Phil loves classical said:


> A Love Supreme: are you ready for this one? Consistently uninteresting music! Only a few ideas stretched out way out of proportion! :devil: way overrated, feeling inspired when you write music doesn't always translate to interesting music.





Casebearer said:


> No, Phil, I'm not ready for that and it comes as a big surprise. A Love Supreme is a work of perfection in my mind. But I love that you contest that idea, so I'll listen differently next time, to see if I could hear what you're getting at.


If you miss all the variations in the notes, the subtle inflections in Coltrane's saxophone playing -- pretty much the whole gamut of the instrument displayed in 34 frantic, unrelentingly inspired minutes -- from the most subtle variations between tones and micro-tones, to furious "sheets of sound", to melodic ecstasy, from formal compositional workouts to the most intense free form jazz -- to the improvised, searching, streams-of-conscious, from dejection to elation and everything in between, to the intense spiritual anguish of the work, to one of the most blistering drumming/percussive performances in music history (which also displays virtually the entire gamut of the instrument), to Evans spectacular, angular and subtle piano play and all the instruments undulating with the bass, playing off variations of the main "A Love Supreme" theme(s) as ceaseless prayers/invocations throughout the work, to the multi-cultural journey in the format of a four movement mass that the work takes one through, to the unbelievable tension created by all its parts interweaving and playing off each other + the overwhelming spiritual ascension and subsequent, final psalm in which one comes face to face with God (and one of the most moving finales in music history; the intensity of focus, incredible synergy and profound sense of the moment between Coltrane and the band members is truly miraculous) ... then yes, if you missed all that, quite boring and repetitive indeed.

(from my phone, so may not be perfectly typed)


----------



## MJongo (Aug 6, 2011)

Phil loves classical said:


> The Stooges' Funhouse: (filler track: L.A. Blues)


I don't know if I could call that filler; the album just HAS to end with it IMO.

The Black Saint and the Sinner Lady by Charles Mingus is possibly the only album I've heard where I can't even point to a single stretch of music within and say it would be improved without it.


----------



## AfterHours (Mar 27, 2017)

MJongo said:


> I don't know if I could call that filler; the album just HAS to end with it IMO.
> 
> The Black Saint and the Sinner Lady by Charles Mingus is possibly the only album I've heard where I can't even point to a single stretch of music within and say it would be improved without it.


Yes, calling LA Blues "filler" is head-scratching and perhaps misses the point of The Stooges' outrageous "sexual/orgasmic" ferocity combined with Broetzman/JCOA-esque free jazz, a shamanistic spectacle few bands up until that point had approached/matched/surpassed (MC5, The Doors).

I would agree that Black Saint could be the most "perfect" (consistently HQ) Rock/Jazz album ever (though many challenge)


----------



## norman bates (Aug 18, 2010)

MJongo said:


> I don't know if I could call that filler; the album just HAS to end with it IMO.
> 
> The Black Saint and the Sinner Lady by Charles Mingus is possibly the only album I've heard where I can't even point to a single stretch of music within and say it would be improved without it.


Amazing album, but I think that the first two pieces are much stronger than the last two.
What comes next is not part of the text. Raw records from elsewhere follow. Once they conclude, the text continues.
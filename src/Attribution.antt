-- ===== src/Attribution.antt =====
-- src/sddiar/attribution.py: the speaker of a word, from the spans that share time with it.
pub mod Coverage
pub mod Verdict
pub mod Words
pub mod Assigned
mod Tests
use Prim.Native.String.{String}
use text.Mathlib.Text.{◌==◌ as str_eq}
use sddiar.Base.{
  ℕ, suc, ◌+◌, ◌-◌, min, max, Bool, true, false, not, ◌&&◌, ◌||◌, Option, none, some, List, [], ◌∷◌,
  ◌++◌, map, Result, ok, err, contract_validation, protected_overlap, ◌>>=◌, ◌>>◌, raise_if, ltb,
  leb, ◌==◌, if◌then◌else◌, keep_if, length,
}
use sddiar.Base.Int.{pos}
use sddiar.Contracts.{range}
use sddiar.Spans.{
  Speaker, speaker_00, speaker_01, unknown, overlap, other, non_speech, is_supported, same_speaker,
  DiarizationSpan,
}

pub record Word : Type 0 where
  pub word_id : String
  pub start_us : ℕ
  pub end_us : ℕ
  pub text : String

-- The floats are written as their multiples of the smallest positive double.
pub record WordMappingConfig : Type 0 where
  pub word_material_speaker_coverage : ℕ
  pub word_min_dominant_coverage : ℕ
  pub word_max_unknown_coverage : ℕ

-- The texts of `attribution_status`, each of which is the only reason code too.
pub data WordStatus : Type 0 where
  timewarp_boundary overlap_unattributed boundary assigned other_speaker : WordStatus
  insufficient_evidence : WordStatus

pub record AttributedWord : Type 0 where
  pub word : Word
  pub speaker_id : Speaker
  pub attribution_status : WordStatus
  pub supporting_span_ids : List String
  pub speaker_coverage_ratio : Option ℕ
  pub competing_speaker_coverage_ratio : Option ℕ

-- What `map_word` decides of a word.
pub record Decision : Type 0 where
  pub speaker : Speaker
  pub status : WordStatus
  pub coverage : Option ℕ
  pub competing : Option ℕ

abbrev pub is_unattributed : WordStatus → Bool
is_unattributed overlap_unattributed = true
is_unattributed _ = false

-- `_build_attributed` with `AttributedWord.__post_init__`; the checks of the text and of the
-- confidence repeat those of the given word.
unfoldable pub build_attributed : Word → List DiarizationSpan → Decision → Result AttributedWord
build_attributed w evidence d = do
  (s, e) ← range (pos w.start_us) (pos w.end_us)
  raise_if (not (is_supported d.speaker)) contract_validation
  raise_if (same_speaker d.speaker overlap && not (is_unattributed d.status)) protected_overlap
  ok (record {
    word = w;
    speaker_id = d.speaker;
    attribution_status = d.status;
    supporting_span_ids = map (λ (s : DiarizationSpan). s.span_id) evidence;
    speaker_coverage_ratio = d.coverage;
    competing_speaker_coverage_ratio = d.competing;
  })

-- `_overlap`, whose `max` with 0 is the subtraction on natural numbers
abbrev pub overlap_of : Word → DiarizationSpan → ℕ
overlap_of w s = min w.end_us s.end_us - max w.start_us s.start_us

abbrev pub touches : Word → DiarizationSpan → Bool
touches w s = ltb 0 (overlap_of w s)

abbrev pub is_protected : DiarizationSpan → Bool
is_protected s =
    same_speaker s.speaker_id overlap
    || (str_eq s.attribution_status "OVERLAP" || str_eq s.attribution_status "OVERLAP_UNATTRIBUTED")

-- The loop that computes `overlap_us`
unfoldable pub overlap_loop : Word → ℕ → List DiarizationSpan → ℕ
overlap_loop w longest [] = longest
overlap_loop w longest (s ∷ evidence) =
    overlap_loop w (if is_protected s then max longest (overlap_of w s) else longest) evidence

-- The dict `coverage` as a function: `none` is a missing label.
abbrev pub Labelled : Type 0
Labelled = Speaker → Option ℕ

abbrev pub or_zero : Option ℕ → ℕ
or_zero none = 0
or_zero (some n) = n

abbrev pub add_coverage : Word → Labelled → DiarizationSpan → Labelled
add_coverage w found s label =
    if same_speaker s.speaker_id label
    then some (or_zero (found label) + overlap_of w s)
    else found label

unfoldable pub coverage_loop : Word → Labelled → List DiarizationSpan → Labelled
coverage_loop w found [] label = found label
coverage_loop w found (s ∷ evidence) label = coverage_loop w (add_coverage w found s) evidence label

-- `divide` is the division of two integers into a float.
module _ (divide : ℕ → ℕ → ℕ) where
  abbrev pub quotient_of : ℕ → Option ℕ → Option ℕ
  quotient_of duration none = none
  quotient_of duration (some n) = some (divide n duration)

abbrev pub entry : Speaker → Option ℕ → List (Speaker × ℕ)
entry label none = []
entry label (some r) = (label, r) ∷ []

-- The dict `speakers`. Its order is that of the labels: no value below depends on it.
abbrev pub speakers_of : Option ℕ → Option ℕ → List (Speaker × ℕ)
speakers_of first second = entry speaker_00 first ++ entry speaker_01 second

-- Whether the key `(ratio, label == "SPEAKER_00")` of the second is greater.
abbrev pub is_better : Speaker × ℕ → Speaker × ℕ → Bool
is_better (k, r) (l, q) =
    ltb r q || (r == q && (not (same_speaker k speaker_00) && same_speaker l speaker_00))

unfoldable pub best_of : Speaker × ℕ → List (Speaker × ℕ) → Speaker × ℕ
best_of best [] = best
best_of best (x ∷ rest) = best_of (if is_better best x then x else best) rest

-- `max(..., default=0.0)` of the ratios, and `min` of ratios none of which is above `low`
unfoldable pub highest : ℕ → List (Speaker × ℕ) → ℕ
highest high [] = high
highest high (x ∷ rest) = highest (max high x.1) rest

unfoldable pub lowest : ℕ → List (Speaker × ℕ) → ℕ
lowest low [] = low
lowest low (x ∷ rest) = lowest (min low x.1) rest

abbrev pub material_of : WordMappingConfig → List (Speaker × ℕ) → List (Speaker × ℕ)
material_of cfg speakers = keep_if (λ x. leb cfg.word_material_speaker_coverage x.1) speakers

-- The branch of two material speakers, whose dict is not empty.
abbrev pub boundary_decision : List (Speaker × ℕ) → Decision
boundary_decision speakers = record {
  speaker = unknown;
  status = boundary;
  coverage = some (highest 0 speakers);
  competing = some (lowest (highest 0 speakers) speakers);
}

-- The last two branches.
abbrev pub rest_decision : List (Speaker × ℕ) → Option ℕ → Decision
rest_decision [] (some (suc r)) = record {
  speaker = other;
  status = other_speaker;
  coverage = some (suc r);
  competing = none;
}
rest_decision speakers others = record {
  speaker = unknown;
  status = insufficient_evidence;
  coverage = some (highest 0 speakers);
  competing = none;
}

abbrev pub others_than : Speaker → List (Speaker × ℕ) → List (Speaker × ℕ)
others_than label speakers = keep_if (λ x. not (same_speaker x.0 label)) speakers

-- The branch of a dict that is not empty, given its best entry.
abbrev pub best_decision :
    WordMappingConfig → List (Speaker × ℕ) → ℕ → Option ℕ → Speaker × ℕ → Decision
best_decision cfg speakers unknown_ratio others (label, ratio) =
    if leb cfg.word_min_dominant_coverage ratio && leb unknown_ratio cfg.word_max_unknown_coverage
    then record {
      speaker = label;
      status = assigned;
      coverage = some ratio;
      competing = some (highest 0 (others_than label speakers));
    }
    else rest_decision speakers others

abbrev pub dominant_decision : WordMappingConfig → List (Speaker × ℕ) → ℕ → Option ℕ → Decision
dominant_decision cfg [] unknown_ratio others = rest_decision [] others
dominant_decision cfg (x ∷ rest) unknown_ratio others =
    best_decision cfg (x ∷ rest) unknown_ratio others (best_of x rest)

-- The decision from the ratios.
unfoldable pub decide_speakers : WordMappingConfig → List (Speaker × ℕ) → ℕ → Option ℕ → Decision
decide_speakers cfg speakers unknown_ratio others =
    if leb 2 (length (material_of cfg speakers))
    then boundary_decision speakers
    else dominant_decision cfg speakers unknown_ratio others

abbrev pub timewarp_decision : Decision
timewarp_decision = record {
  speaker = unknown;
  status = timewarp_boundary;
  coverage = none;
  competing = none;
}

abbrev pub overlap_decision : Decision
overlap_decision = record {
  speaker = overlap;
  status = overlap_unattributed;
  coverage = none;
  competing = none;
}

-- `malformed`, for a word whose times are integers
abbrev pub malformed : Word → Bool
malformed w = leb w.end_us w.start_us

abbrev pub evidence_of : Word → List DiarizationSpan → List DiarizationSpan
evidence_of w spans = if malformed w then [] else keep_if (touches w) spans

-- `plus` is the addition of two floats.
module _ (divide plus : ℕ → ℕ → ℕ) where
  unfoldable pub decide_covered : WordMappingConfig → Word → List DiarizationSpan → Decision
  decide_covered cfg w evidence =
      let found = coverage_loop w (λ label. none) evidence in
      let ratio = λ (label : Speaker). quotient_of divide (w.end_us - w.start_us) (found label) in
      decide_speakers cfg (speakers_of (ratio speaker_00) (ratio speaker_01))
        (plus (or_zero (ratio unknown)) (or_zero (ratio non_speech))) (ratio other)

  unfoldable pub decide_word : WordMappingConfig → Word → List DiarizationSpan → Bool → Decision
  decide_word cfg w evidence crosses =
      if malformed w || crosses
      then timewarp_decision
      else if ltb 0 (overlap_loop w 0 evidence)
      then overlap_decision
      else decide_covered cfg w evidence

  -- `map_word`; `crosses` is the provenance's `crosses_timewarp_boundary`.
  unfoldable pub map_word :
      WordMappingConfig → Word → List DiarizationSpan → Bool → Result AttributedWord
  map_word cfg w spans crosses =
      build_attributed w (evidence_of w spans) (decide_word cfg w (evidence_of w spans) crosses)

  -- `map_words`; `provenance` is the lookup of a word's flag.
  unfoldable pub map_words :
      WordMappingConfig
      → (String → Bool)
      → List DiarizationSpan
      → List Word
      → Result (List AttributedWord)
  map_words cfg provenance spans [] = ok []
  map_words cfg provenance spans (w ∷ words) = do
    first ← map_word cfg w spans (provenance w.word_id)
    later ← map_words cfg provenance spans words
    ok (first ∷ later)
On a love supreme, I've never liked the long bass solo of Garrison (and I prefer other albums like Crescent or Olè).


----------



## Phil loves classical (Feb 8, 2017)

MJongo said:


> I don't know if I could call that filler; the album just HAS to end with it IMO.
> 
> The Black Saint and the Sinner Lady by Charles Mingus is possibly the only album I've heard where I can't even point to a single stretch of music within and say it would be improved without it.


Yup, I've read one critic that says LA Blues is the best track on Funhouse, and that is perfectly valid. I can also see how it has to end with it conceptually, but the track itself to me is pretty unlistenable. I would have preferred the chaos expressed differently.


----------



## Phil loves classical (Feb 8, 2017)

Casebearer said:


> No, Phil, I'm not ready for that and it comes as a big surprise. A Love Supreme is a work of perfection in my mind. But I love that you contest that idea, so I'll listen differently next time, to see if I could hear what you're getting at.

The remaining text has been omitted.